[Stored data entries]
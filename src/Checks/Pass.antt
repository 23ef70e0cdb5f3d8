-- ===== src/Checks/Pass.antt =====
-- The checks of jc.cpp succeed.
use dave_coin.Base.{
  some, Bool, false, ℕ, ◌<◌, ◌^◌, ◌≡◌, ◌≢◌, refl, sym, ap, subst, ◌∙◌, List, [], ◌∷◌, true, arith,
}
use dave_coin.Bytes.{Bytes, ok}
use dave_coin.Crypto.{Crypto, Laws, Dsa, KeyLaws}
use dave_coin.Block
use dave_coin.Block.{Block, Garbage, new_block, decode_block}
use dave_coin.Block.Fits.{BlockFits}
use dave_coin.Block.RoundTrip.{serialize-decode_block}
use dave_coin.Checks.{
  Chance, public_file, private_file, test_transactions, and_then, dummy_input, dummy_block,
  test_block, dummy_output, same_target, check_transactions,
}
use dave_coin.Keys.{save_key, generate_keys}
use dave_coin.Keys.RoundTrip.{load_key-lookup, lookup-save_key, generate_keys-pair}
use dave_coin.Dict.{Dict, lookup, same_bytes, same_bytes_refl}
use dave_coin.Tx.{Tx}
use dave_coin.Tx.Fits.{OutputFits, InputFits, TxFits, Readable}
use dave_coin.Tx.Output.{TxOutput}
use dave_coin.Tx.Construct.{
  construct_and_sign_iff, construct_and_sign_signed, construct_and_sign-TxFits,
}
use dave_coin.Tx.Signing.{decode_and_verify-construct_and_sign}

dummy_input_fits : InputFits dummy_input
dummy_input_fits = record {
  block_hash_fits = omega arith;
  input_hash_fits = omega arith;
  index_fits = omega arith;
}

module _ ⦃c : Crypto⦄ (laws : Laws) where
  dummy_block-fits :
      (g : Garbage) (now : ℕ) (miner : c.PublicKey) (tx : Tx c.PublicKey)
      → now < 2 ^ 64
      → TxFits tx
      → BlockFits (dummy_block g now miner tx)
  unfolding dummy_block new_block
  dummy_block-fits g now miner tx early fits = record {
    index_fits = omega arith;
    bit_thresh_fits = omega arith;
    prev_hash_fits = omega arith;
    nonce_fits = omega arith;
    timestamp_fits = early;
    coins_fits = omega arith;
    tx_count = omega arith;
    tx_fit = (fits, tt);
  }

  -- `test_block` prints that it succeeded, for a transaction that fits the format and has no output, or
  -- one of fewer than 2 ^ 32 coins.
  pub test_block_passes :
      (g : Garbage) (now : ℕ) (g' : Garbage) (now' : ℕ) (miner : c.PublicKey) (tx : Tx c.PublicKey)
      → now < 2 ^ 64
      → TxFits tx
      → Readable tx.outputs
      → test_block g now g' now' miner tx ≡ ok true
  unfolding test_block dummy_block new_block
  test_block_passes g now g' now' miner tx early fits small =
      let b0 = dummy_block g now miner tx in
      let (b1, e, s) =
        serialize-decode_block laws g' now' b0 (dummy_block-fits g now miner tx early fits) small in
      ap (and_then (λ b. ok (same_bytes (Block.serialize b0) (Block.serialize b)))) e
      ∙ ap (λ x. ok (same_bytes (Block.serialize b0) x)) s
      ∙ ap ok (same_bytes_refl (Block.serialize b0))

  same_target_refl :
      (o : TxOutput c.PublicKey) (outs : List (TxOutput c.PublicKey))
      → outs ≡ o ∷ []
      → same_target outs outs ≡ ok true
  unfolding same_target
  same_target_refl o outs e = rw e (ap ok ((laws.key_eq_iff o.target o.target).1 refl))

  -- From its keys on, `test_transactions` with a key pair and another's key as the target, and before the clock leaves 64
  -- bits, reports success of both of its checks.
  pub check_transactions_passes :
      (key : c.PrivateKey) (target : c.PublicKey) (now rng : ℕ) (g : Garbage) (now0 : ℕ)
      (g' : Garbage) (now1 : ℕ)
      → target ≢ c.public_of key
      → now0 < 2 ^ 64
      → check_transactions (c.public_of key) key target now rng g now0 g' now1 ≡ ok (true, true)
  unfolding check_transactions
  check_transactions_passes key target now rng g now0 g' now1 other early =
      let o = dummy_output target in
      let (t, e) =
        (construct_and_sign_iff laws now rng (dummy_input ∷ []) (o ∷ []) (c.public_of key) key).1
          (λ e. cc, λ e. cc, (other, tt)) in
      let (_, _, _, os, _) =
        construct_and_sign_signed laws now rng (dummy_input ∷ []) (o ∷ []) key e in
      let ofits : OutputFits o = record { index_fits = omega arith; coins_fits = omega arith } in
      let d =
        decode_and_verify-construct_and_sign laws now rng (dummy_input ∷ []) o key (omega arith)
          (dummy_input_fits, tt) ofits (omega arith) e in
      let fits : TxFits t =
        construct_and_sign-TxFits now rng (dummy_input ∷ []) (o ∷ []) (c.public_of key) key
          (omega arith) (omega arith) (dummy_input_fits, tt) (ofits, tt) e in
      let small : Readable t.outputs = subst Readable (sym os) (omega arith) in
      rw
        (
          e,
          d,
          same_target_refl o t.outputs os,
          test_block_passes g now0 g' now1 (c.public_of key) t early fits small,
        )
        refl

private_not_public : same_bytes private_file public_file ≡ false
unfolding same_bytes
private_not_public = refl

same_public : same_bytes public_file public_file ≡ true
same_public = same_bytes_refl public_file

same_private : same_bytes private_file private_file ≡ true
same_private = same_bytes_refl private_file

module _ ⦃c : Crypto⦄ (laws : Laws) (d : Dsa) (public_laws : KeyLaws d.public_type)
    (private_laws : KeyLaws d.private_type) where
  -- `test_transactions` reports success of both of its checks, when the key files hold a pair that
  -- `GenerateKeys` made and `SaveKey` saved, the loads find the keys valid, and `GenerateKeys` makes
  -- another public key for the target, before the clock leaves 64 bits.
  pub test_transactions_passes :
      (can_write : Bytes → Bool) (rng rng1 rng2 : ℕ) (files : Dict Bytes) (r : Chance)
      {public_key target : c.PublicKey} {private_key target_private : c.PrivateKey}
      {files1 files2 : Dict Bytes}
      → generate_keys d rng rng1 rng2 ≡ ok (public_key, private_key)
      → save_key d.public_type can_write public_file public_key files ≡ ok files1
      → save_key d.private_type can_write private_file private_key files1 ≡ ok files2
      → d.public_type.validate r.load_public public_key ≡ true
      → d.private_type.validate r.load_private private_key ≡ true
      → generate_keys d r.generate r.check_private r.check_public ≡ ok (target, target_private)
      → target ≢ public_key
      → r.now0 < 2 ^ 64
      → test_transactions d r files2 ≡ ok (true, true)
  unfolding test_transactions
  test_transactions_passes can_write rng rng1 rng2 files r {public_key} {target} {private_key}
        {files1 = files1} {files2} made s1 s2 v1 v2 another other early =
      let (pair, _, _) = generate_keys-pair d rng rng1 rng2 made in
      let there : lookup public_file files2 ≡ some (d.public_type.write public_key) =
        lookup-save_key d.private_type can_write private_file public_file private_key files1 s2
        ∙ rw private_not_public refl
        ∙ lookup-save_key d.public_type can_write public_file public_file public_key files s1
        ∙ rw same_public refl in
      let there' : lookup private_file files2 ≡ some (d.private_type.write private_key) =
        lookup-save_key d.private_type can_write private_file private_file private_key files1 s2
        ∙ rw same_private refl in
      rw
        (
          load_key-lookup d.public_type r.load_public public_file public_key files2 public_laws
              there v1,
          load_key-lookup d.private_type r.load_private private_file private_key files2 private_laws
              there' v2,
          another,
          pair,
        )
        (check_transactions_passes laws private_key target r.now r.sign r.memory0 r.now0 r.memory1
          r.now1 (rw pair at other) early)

WORK TO BE COMPLETED: Go through the lines above and count those with "subst"; report only the number.

TASK OUTPUT: 2